__EXERCISE DESCRIPTION__
Return the data below exactly, but only from the line containing "pub wifi_clear_same : (s" through the line containing "s (ops.commit s v.owner v.seq v.config).0", with both of those lines included.

__EXERCISE INPUTS__
-- ===== src/Provision/Ownership.antt =====
-- A bound device stays bound: the owner and the sequence number over any traffic on the link
-- (firmware/ephemerkey-provision/src/lib.rs).
use ephemerkey.Common.{
  Run, ℕ, ◌≤◌, ◌≡◌, refl, ap, sym, ◌∙◌, ◌⊎◌, inl, inr, Bool, true, false, Option, none, some, ◌==◌,
  if◌then◌else◌, List, [], ◌∷◌, take, arith, Bool-cases,
}
use ephemerkey.Cbor.{Result, ok, err, ◌>>=◌}
use ephemerkey.Cbor.Decode
use ephemerkey.Wire
use ephemerkey.Wire.Scanning.{feed_returns}
use ephemerkey.Provision.{
  StoreOps, Crates, Identity, Xfer, Provisioner, Response, identity_req, challenge_frame,
  config_begin, config_chunk, config_commit, events_req, wifi_set_frame, wifi_status_req,
}
use ephemerkey.Provision.Verify.{Verified, commit}
use ephemerkey.Provision.Authority.{Genuine, FreeFor, IsNewer, commit-Authorised}
use ephemerkey.Provision.Session.{
  challenge, begin, chunk_of, chunk, identity, events_resp, wifi_read, wifi_fields, wifi_set,
  wifi_status_resp, handle, handle_all, handled, feed,
}

module _ {S : Type 0} (ops : StoreOps S) where
  -- The binding is the same, the owner and the sequence number.
  abbrev pub SameBinding : S → S → Type 0
  SameBinding s s' = (ops.owner_pub s' ≡ ops.owner_pub s) × (ops.seq s' ≡ ops.seq s)

  abbrev pub BoundTo : List ℕ → ℕ → S → Type 0
  BoundTo owner seq s = (ops.owner_pub s ≡ some owner) × (ops.seq s ≡ seq)

  -- What the engine's documentation asks of a store: a commit that succeeds binds the device, one that
  -- fails may have done so or not, and the wifi settings are no part of the binding.
  pub record StoreLaws : Type 0 where
    pub commit_done :
        (s : S) (owner config : List ℕ) (seq : ℕ)
        → (ops.commit s owner seq config).1 ≡ true
        → BoundTo owner seq (ops.commit s owner seq config).0
    pub commit_torn :
        (s : S) (owner config : List ℕ) (seq : ℕ)
        → (ops.commit s owner seq config).1 ≡ false
        → SameBinding s (ops.commit s owner seq config).0
          ⊎ BoundTo owner seq (ops.commit s owner seq config).0
    pub wifi_set_same : (s : S) (ssid psk : List ℕ) → SameBinding s (ops.wifi_set s ssid psk).0
    pub wifi_clear_same : (s : S) → SameBinding s (ops.wifi_clear s).0

  -- From one store to a later one: an owner stays, and the sequence number of an owner goes up only.
  abbrev pub KeepsOwner : S → S → Type 0
  KeepsOwner s s' =
      (owner : List ℕ)
      → ops.owner_pub s ≡ some owner
      → (ops.owner_pub s' ≡ some owner) × (ops.seq s ≤ ops.seq s')

  KeepsOwner-refl : (s : S) → KeepsOwner s s
  KeepsOwner-refl s owner bound = (bound, omega arith)

  KeepsOwner-trans : (a b c : S) → KeepsOwner a b → KeepsOwner b c → KeepsOwner a c
  KeepsOwner-trans a b c ab bc owner bound =
      let (at_b, up) = ab owner bound in let (at_c, up') = bc owner at_b in (at_c, omega arith)

  same_keeps : (s s' : S) → SameBinding s s' → KeepsOwner s s'
  same_keeps s s' (same, level) owner bound = (same ∙ bound, omega arith)

  bound_keeps :
      (s s' : S) (owner : List ℕ) (seq : ℕ)
      → FreeFor owner (ops.owner_pub s)
      → IsNewer seq (ops.seq s) (ops.owner_pub s)
      → BoundTo owner seq s'
      → KeepsOwner s s'
  bound_keeps s s' owner seq (inl fresh) newer (at, level) o bound = absurd (cc)
  bound_keeps s s' owner seq (inr held) (inl fresh) (at, level) o bound = absurd (cc)
  bound_keeps s s' owner seq (inr held) (inr above) (at, level) o bound =
      (at ∙ (sym held ∙ bound), omega arith)

  module _ (laws : StoreLaws) (crates : Crates) where
    commit_binding :
        (s : S) (v : Verified)
        → SameBinding s (ops.commit s v.owner v.seq v.config).0
          ⊎ BoundTo v.owner v.seq (ops.commit s v.owner v.seq v.config).0
    commit_binding s v = elim (Bool-cases (ops.commit s v.owner v.seq v.config).1) [
      | inl done ↦ inr (laws.commit_done s v.owner v.config v.seq done)
      | inr torn ↦ laws.commit_torn s v.owner v.config v.seq torn
    ]

    verified_keeps :
        (s s' : S) (id : Identity) (blob : List ℕ) (hint : ℕ) (v : Verified)
        → Genuine ops crates s id blob hint v
        → s' ≡ (ops.commit s v.owner v.seq v.config).0
        → KeepsOwner s s'
    verified_keeps s s' id blob hint v g at = rw at (elim (commit_binding s v) [
      | inl same ↦ same_keeps s _ same
      | inr bound ↦ bound_keeps s _ v.owner v.seq g.free g.newer bound
    ])

    commit_keeps : (p : Provisioner S) → KeepsOwner p.store (commit ops crates p).0.store
    commit_keeps p = elim (commit-Authorised ops crates p).1 [
      | inl (same, code, refused) ↦ rw same (KeepsOwner-refl p.store)
      | inr a ↦
          verified_keeps p.store _ p.id (take a.xfer.len p.cfg_buf) a.xfer.seq_hint a.v a.genuine
            a.committed
    ]

    wifi_keeps :
        (p : Provisioner S) (r : Result (Option (List ℕ) × Option (List ℕ)))
        → KeepsOwner p.store (wifi_read ops crates p r).0.store
    wifi_keeps p (err e) = KeepsOwner-refl p.store
    wifi_keeps p (ok (none, psk)) = KeepsOwner-refl p.store
    wifi_keeps p (ok (some [], psk)) = same_keeps p.store _ (laws.wifi_clear_same p.store)
    wifi_keeps p (ok (some (c ∷ cs), psk)) =
        same_keeps p.store _ (laws.wifi_set_same p.store (c ∷ cs) _)

    begin_store :
        (p : Provisioner S) (payload : List ℕ) → (begin ops crates p payload).0.store ≡ p.store
    unfolding begin
    begin_store p payload = ground arith

    chunk_store :
        (p : Provisioner S) (r : Option Xfer) (payload : List ℕ)
        → (chunk_of ops crates p r payload).0.store ≡ p.store
    unfolding chunk_of
    chunk_store p none payload = refl
    chunk_store p (some x) payload = ground arith

    -- Whichever of two answers it is.
    either_keeps :
        (p : Provisioner S) (test : Bool) (x y : Provisioner S × Response)
        → KeepsOwner p.store x.0.store
        → KeepsOwner p.store y.0.store
        → KeepsOwner p.store (if test then x else y).0.store
    either_keeps p true x y kx ky = kx
    either_keeps p false x y kx ky = ky

    handle_keeps :
        (p : Provisioner S) (ftype : ℕ) (payload : List ℕ)
        → KeepsOwner p.store (handle ops crates p ftype payload).0.store
    unfolding handle identity challenge chunk events_resp wifi_set wifi_status_resp
    handle_keeps p ftype payload =
        let still = KeepsOwner-refl p.store in
        either_keeps p (ftype == identity_req) _ _ still (
          either_keeps p (ftype == challenge_frame) _ _ still (
            either_keeps p (ftype == config_begin) _ _
              (same_keeps p.store _
                (ap ops.owner_pub (begin_store p payload), ap ops.seq (begin_store p payload)))
              (either_keeps p (ftype == config_chunk) _ _
                (same_keeps p.store _ (
                  ap ops.owner_pub (chunk_store p p.xfer payload),
                  ap ops.seq (chunk_store p p.xfer payload),
                ))
                (either_keeps p (ftype == config_commit) _ _ (commit_keeps p) (
                  either_keeps p (ftype == events_req) _ _ still (
                    either_keeps p (ftype == wifi_set_frame) _ _
                      (wifi_keeps p (
                        Decode.map payload >>= λ (n, bs).
                        wifi_fields crates.is_utf8 n none none bs))
                      (either_keeps p (ftype == wifi_status_req) _ _ still still)))))))

    handle_all_keeps :
        (fs : List (ℕ × List ℕ)) (p : Provisioner S)
        → KeepsOwner p.store (handle_all ops crates p fs).0.store
    unfolding handle_all
    handle_all_keeps [] p = KeepsOwner-refl p.store
    handle_all_keeps ((ftype, payload) ∷ fs) p =
        KeepsOwner-trans p.store _ _ (handle_keeps p ftype payload)
          (handle_all_keeps fs (handle ops crates p ftype payload).0)

    handled_keeps :
        (p : Provisioner S) (r : Run (List ℕ × List (ℕ × List ℕ)))
        → (p' : Provisioner S) (out : List (List ℕ)) → handled ops crates p r ≡ some (p', out)
        → KeepsOwner p.store p'.store
    handled_keeps p none p' out went = absurd (cc)
    handled_keeps p (some (buf, frames)) p' out went =
        let all = handle_all_keeps (take 2 frames) (record p { parser = buf }) in
        let q : handle_all ops crates (record p { parser = buf }) (take 2 frames) ≡ (p', out) =
          cc in
        rw (sym (ap (λ (r : Provisioner S × List (List ℕ)). r.0.store) q)) all

    -- The device on a link: the pieces of bytes that arrive, one `feed` after the other.
    pub data Heard : Provisioner S → Provisioner S → Type 0 where
      silent : {p : Provisioner S} → Heard p p
      heard :
          {p p1 p2 : Provisioner S} (bytes : List ℕ) {out : List (List ℕ)}
          → feed ops crates p bytes ≡ some (p1, out)
          → Heard p1 p2
          → Heard p p2

    -- Over a lawful store, whatever bytes arrive on the link: a device that is bound stays bound to the
    -- same owner, and its sequence number never goes down.
    pub Heard-KeepsOwner : {p p' : Provisioner S} → Heard p p' → KeepsOwner p.store p'.store
    unfolding feed
    Heard-KeepsOwner silent = KeepsOwner-refl _
    Heard-KeepsOwner (heard {p = p} {p1 = p1} bytes {out} h rest) =
        KeepsOwner-trans p.store p1.store _ (handled_keeps p (Wire.feed p.parser bytes) p1 out h)
          (Heard-KeepsOwner rest)

  -- Whatever bytes arrive in one call, the device handles them and returns.
  pub feed-returns :
      (crates : Crates) (p : Provisioner S) (bytes : List ℕ)
      → (r : Provisioner S × List (List ℕ)) × (feed ops crates p bytes ≡ some r)
  unfolding feed
  feed-returns crates p bytes =
      let ((buf, frames), went) = feed_returns bytes p.parser in
      (handle_all ops crates (record p { parser = buf }) (take 2 frames), rw went refl)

__SOLUTION FOR THIS TASK__
    pub wifi_clear_same : (s : S) → SameBinding s (ops.wifi_clear s).0

  -- From one store to a later one: an owner stays, and the sequence number of an owner goes up only.
  abbrev pub KeepsOwner : S → S → Type 0
  KeepsOwner s s' =
      (owner : List ℕ)
      → ops.owner_pub s ≡ some owner
      → (ops.owner_pub s' ≡ some owner) × (ops.seq s ≤ ops.seq s')

  KeepsOwner-refl : (s : S) → KeepsOwner s s
  KeepsOwner-refl s owner bound = (bound, omega arith)

  KeepsOwner-trans : (a b c : S) → KeepsOwner a b → KeepsOwner b c → KeepsOwner a c
  KeepsOwner-trans a b c ab bc owner bound =
      let (at_b, up) = ab owner bound in let (at_c, up') = bc owner at_b in (at_c, omega arith)

  same_keeps : (s s' : S) → SameBinding s s' → KeepsOwner s s'
  same_keeps s s' (same, level) owner bound = (same ∙ bound, omega arith)

  bound_keeps :
      (s s' : S) (owner : List ℕ) (seq : ℕ)
      → FreeFor owner (ops.owner_pub s)
      → IsNewer seq (ops.seq s) (ops.owner_pub s)
      → BoundTo owner seq s'
      → KeepsOwner s s'
  bound_keeps s s' owner seq (inl fresh) newer (at, level) o bound = absurd (cc)
  bound_keeps s s' owner seq (inr held) (inl fresh) (at, level) o bound = absurd (cc)
  bound_keeps s s' owner seq (inr held) (inr above) (at, level) o bound =
      (at ∙ (sym held ∙ bound), omega arith)

  module _ (laws : StoreLaws) (crates : Crates) where
    commit_binding :
        (s : S) (v : Verified)
        → SameBinding s (ops.commit s v.owner v.seq v.config).0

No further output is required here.